# have no fear



## Stevo (May 19, 2007)

Bu$h is here....

*Bush Anoints Himself as the Insurer of Constitutional Government in Emergency*

clicky

just gives one the warm fuzzies to know he's so concerned...

~S~


----------



## medman123 (May 20, 2007)

Stevo said:


> Bu$h is here....
> just gives one the warm fuzzies to know he's so concerned...
> 
> ~S~



CONCERNED MY @$$!  With the Iraq death toll at 3422. "What a great guy lets vote for him again!" :wacko:


----------



## Stevo (May 21, 2007)

well we've has a steady inclination towards federalization now for 20 odd years

now, under this current act, it just takes one Katrina or similar disaster to create a potential dictatorship

and we all fall under this according to nims

~S~


----------



## BossyCow (May 21, 2007)

Stevo said:


> well we've has a steady inclination towards federalization now for 20 odd years
> 
> now, under this current act, it just takes one Katrina or similar disaster to create a potential dictatorship
> 
> ...



Yeah, because the Feds handled Katrina Soooooo Well!


----------



## firecoins (May 21, 2007)

BossyCow said:


> Yeah, because the Feds handled Katrina Soooooo Well!
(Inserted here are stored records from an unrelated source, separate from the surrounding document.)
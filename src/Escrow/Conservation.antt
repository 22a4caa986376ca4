-- ===== src/Escrow/Conservation.antt =====
-- The books over each call on a whole deal.
use sthrip.Base.{
  List, ℕ, ◌≡◌, ◌≤◌, some, inl, inr, arith, Option-cases, Bool-cases, refl, or_default,
}
use sthrip.Base.Int.{ℤ, ◌-ℤ◌, int_laws, parts}
use sthrip.Base.Table.{Table, find, set, sum-set, All, find-All}
use sthrip.Models.Parties.{Entry, xmr, FeeSource}
use sthrip.Models.Milestone
use sthrip.Models.Milestone.{EscrowMilestone, MilestoneStatus}
use sthrip.Models.Escrow.{EscrowDeal, EscrowStatus}
use sthrip.Models.Database.{Db}
use sthrip.Ledger.Held.{counted, held-paid, held-amend, counted-sub, counted_zero}
use sthrip.Ledger.Rows.{paid, add_available}
use sthrip.Fees.{fee_sum-with_fee}
use sthrip.Escrow.WellFormed.{IsWellFormed}
use sthrip.Escrow.MilestoneRepo.{activated}
use sthrip.Accounting.{escrowed, open_amount, in_escrow, assets, open_milestone}
use sthrip.Escrow.Repo.{delivered_deal, released_deal, cancelled_deal}
use sthrip.Escrow.Trust.{fee_of, fee_of_bounds}
use sthrip.Escrow.Deals.{deliver_escrow, release_escrow, cancel_escrow, accept_escrow}
use sthrip.Escrow.Outcomes.{
  released_state, cancelled_state, accepted_result, deliver_escrow_outcome, release_escrow_outcome,
  cancel_escrow_outcome, accept_escrow_outcome, Releasable, Cancellable,
}

-- Writing a deal that holds as much as before keeps the books.
pub assets-set_same :
    (u id : ℕ) (d d' : EscrowDeal) (journal : List Entry) (db : Db)
    → find id db.deals ≡ some d
    → in_escrow u d' ≡ in_escrow u d
    → assets u (record db { deals = set id d' db.deals; journal = journal }) ≡ assets u db
unfolding assets
assets-set_same u id d d' journal db e same =
    omega (int_laws, parts (sum-set (in_escrow u) id d' d db.deals e), parts same)

-- A release pays out what the deal held: to the seller, to the buyer and in fees.
released_state-assets :
    (u now id buyer : ℕ) (amount : ℤ) (d : EscrowDeal) (db : Db)
    → find id db.deals ≡ some d
    → d.fee_percent ≤ 10000
    → Releasable buyer amount d
    → assets u (released_state now id buyer amount d db) ≡ assets u db
unfolding assets in_escrow
released_state-assets u now id buyer amount d db e fits (st, m, b, lo, hi) =
    let fee = fee_of amount d.fee_percent in
    let t = or_default d.token xmr in
    let bounds = fee_of_bounds amount d.fee_percent lo fits in
    let rows = paid now d.seller_id (amount -ℤ fee) t db.balances in
    let held_before : in_escrow u d ≡ counted u t d.amount = rw st in
    omega (
      int_laws,
      parts held_before,
      parts (held-paid u now d.seller_id t (amount -ℤ fee) db.balances (omega int_laws)),
      parts (held-paid u now d.buyer_id t (d.amount -ℤ amount) rows (omega int_laws)),
      parts (fee_sum-with_fee u FeeSource.escrow id t fee db.fees bounds.0),
      parts (sum-set (in_escrow u) id (released_deal now amount fee d) d db.deals e),
      parts (counted-sub u t amount fee),
      parts (counted-sub u t d.amount amount),
      parts (counted_zero u t),
    )

-- Releasing a deal, or the refusal to, keeps the books.
pub release_escrow-assets :
    (u now id buyer : ℕ) (amount : ℤ) (db : Db)
    → All IsWellFormed db.deals
    → assets u (release_escrow now id buyer amount db).1 ≡ assets u db
release_escrow-assets u now id buyer amount db ws = elim (Option-cases (find id db.deals)) [
  | inl e ↦ unfold release_escrow in (rw e refl)
  | inr (d, e) ↦ elim (release_escrow_outcome now id buyer amount d db e) [
    | inl (ready, done) ↦
        let well = find-All IsWellFormed id d db.deals ws e in
        rw done (released_state-assets u now id buyer amount d db e well.rate_fits ready)
    | inr (_, _, same) ↦ rw same
  ]
]

-- Marking delivery moves no money.
pub deliver_escrow-assets :
    (u now id seller : ℕ) (db : Db) → assets u (deliver_escrow now id seller db).1 ≡ assets u db
unfolding in_escrow
deliver_escrow-assets u now id seller db = elim (Option-cases (find id db.deals)) [
  | inl e ↦ unfold deliver_escrow in (rw e refl)
  | inr (d, e) ↦ elim (deliver_escrow_outcome now id seller d db e) [
    | inl ((st, m, _), done) ↦
        rw done
          (assets-set_same u id d (delivered_deal now d.review_timeout_hours d) _ db e (rw (st, m)))
    | inr (_, _, same) ↦ rw same
  ]
]

cancelled_state-assets :
    (u now id buyer : ℕ) (d : EscrowDeal) (db : Db)
    → find id db.deals ≡ some d
    → Cancellable buyer d
    → assets u (cancelled_state now id buyer d db) ≡ assets u db
unfolding assets in_escrow
cancelled_state-assets u now id buyer d db e (st, b) =
    let t = or_default d.token xmr in
    let held_before : in_escrow u d ≡ counted u t d.amount = rw st in
    omega (
      int_laws,
      parts held_before,
      parts (
          held-amend u now d.buyer_id t (add_available now d.amount) d.amount db.balances
            (λ r. refl)),
      parts (sum-set (in_escrow u) id (cancelled_deal now d) d db.deals e),
      parts (counted_zero u t),
    )

-- A cancelled deal goes back to the buyer's balance whole.
pub cancel_escrow-assets :
    (u now id buyer : ℕ) (db : Db) → assets u (cancel_escrow now id buyer db).1 ≡ assets u db
cancel_escrow-assets u now id buyer db = elim (Option-cases (find id db.deals)) [
  | inl e ↦ unfold cancel_escrow in (rw e refl)
  | inr (d, e) ↦ elim (cancel_escrow_outcome now id buyer d db e) [
    | inl (ready, done) ↦ rw done (cancelled_state-assets u now id buyer d db e ready)
    | inr (_, _, same) ↦ rw same
  ]
]

-- Starting a pending milestone leaves what is open.
pub activated-open_amount :
    (now seq : ℕ) (ms : Table EscrowMilestone) (m : EscrowMilestone)
    → find seq ms ≡ some m
    → m.status ≡ MilestoneStatus.pending
    → open_amount (set seq (activated now m.delivery_timeout_hours m) ms) ≡ open_amount ms
activated-open_amount now seq ms m e st =
    let same : open_milestone m ≡ m.amount = rw st in
    omega (
      int_laws,
      parts same,
      parts (sum-set open_milestone seq (activated now m.delivery_timeout_hours m) m ms e),
    )

accepted_result-escrowed :
    (now : ℕ) (d : EscrowDeal)
    → IsWellFormed d
    → d.status ≡ EscrowStatus.created
    → escrowed (accepted_result now d) ≡ escrowed d
accepted_result-escrowed now d w st = elim (Bool-cases d.is_multi_milestone) [
  | inl m ↦ elim (Option-cases (find 1 d.milestones)) [
    | inl e ↦ rw (m, e, st) (w.parts_add_up m st)
    | inr (ms, e) ↦ elim (Bool-cases (Milestone.is_pending ms.status)) [
      | inl p ↦
          let pend : ms.status ≡ MilestoneStatus.pending = ground arith in
          rw (m, e, st)
            (ground
              (arith, activated-open_amount now 1 d.milestones ms e pend, w.parts_add_up m st))
      | inr p ↦ rw (m, e, p, st) (w.parts_add_up m st)
    ]
  ]
  | inr m ↦ rw (m, st)
]

accepted_result-token : (now : ℕ) (d : EscrowDeal) → (accepted_result now d).token ≡ d.token
accepted_result-token now d = ground arith

accepted_result-in_escrow :
    (u now : ℕ) (d : EscrowDeal)
    → IsWellFormed d
    → d.status ≡ EscrowStatus.created
    → in_escrow u (accepted_result now d) ≡ in_escrow u d
unfolding in_escrow
accepted_result-in_escrow u now d w st =
    rw (accepted_result-escrowed now d w st) (rw (accepted_result-token now d))

-- Accepting a deal moves no money.
pub accept_escrow-assets :
    (u now id seller : ℕ) (db : Db)
    → All IsWellFormed db.deals
    → assets u (accept_escrow now id seller db).1 ≡ assets u db
unfolding in_escrow
accept_escrow-assets u now id seller db ws = elim (Option-cases (find id db.deals)) [
  | inl e ↦ unfold accept_escrow in (rw e refl)
  | inr (d, e) ↦ elim (accept_escrow_outcome now id seller d db e) [
    | inl ((st, _, _, _), done) ↦ rw done (
        assets-set_same u id d (accepted_result now d) _ db e
          (accepted_result-in_escrow u now d (find-All IsWellFormed id d db.deals ws e) st))
    | inr (_, _, same) ↦ rw same
  ]
]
well the Coast Guard and National Guard did.  FEMA not so much.


----------



## BossyCow (May 21, 2007)

firecoins said:


> well the Coast Guard and National Guard did.  FEMA not so much.



Absolutely agreed.


----------



## Anomalous (May 21, 2007)

firecoins said:


> well the Coast Guard and National Guard did.  FEMA not so much.




The Coast Guard and National Guard probably were up to date on their IS 100, 200, 700, 800


----------



## jmaccauley (May 21, 2007)

medman123 said:


> CONCERNED MY @$$!  With the Iraq death toll at 3422. "What a great guy lets vote for him again!" :wacko:



Actually, the Iraqi death toll is in the hundreds of thousands, but who cares about them, right?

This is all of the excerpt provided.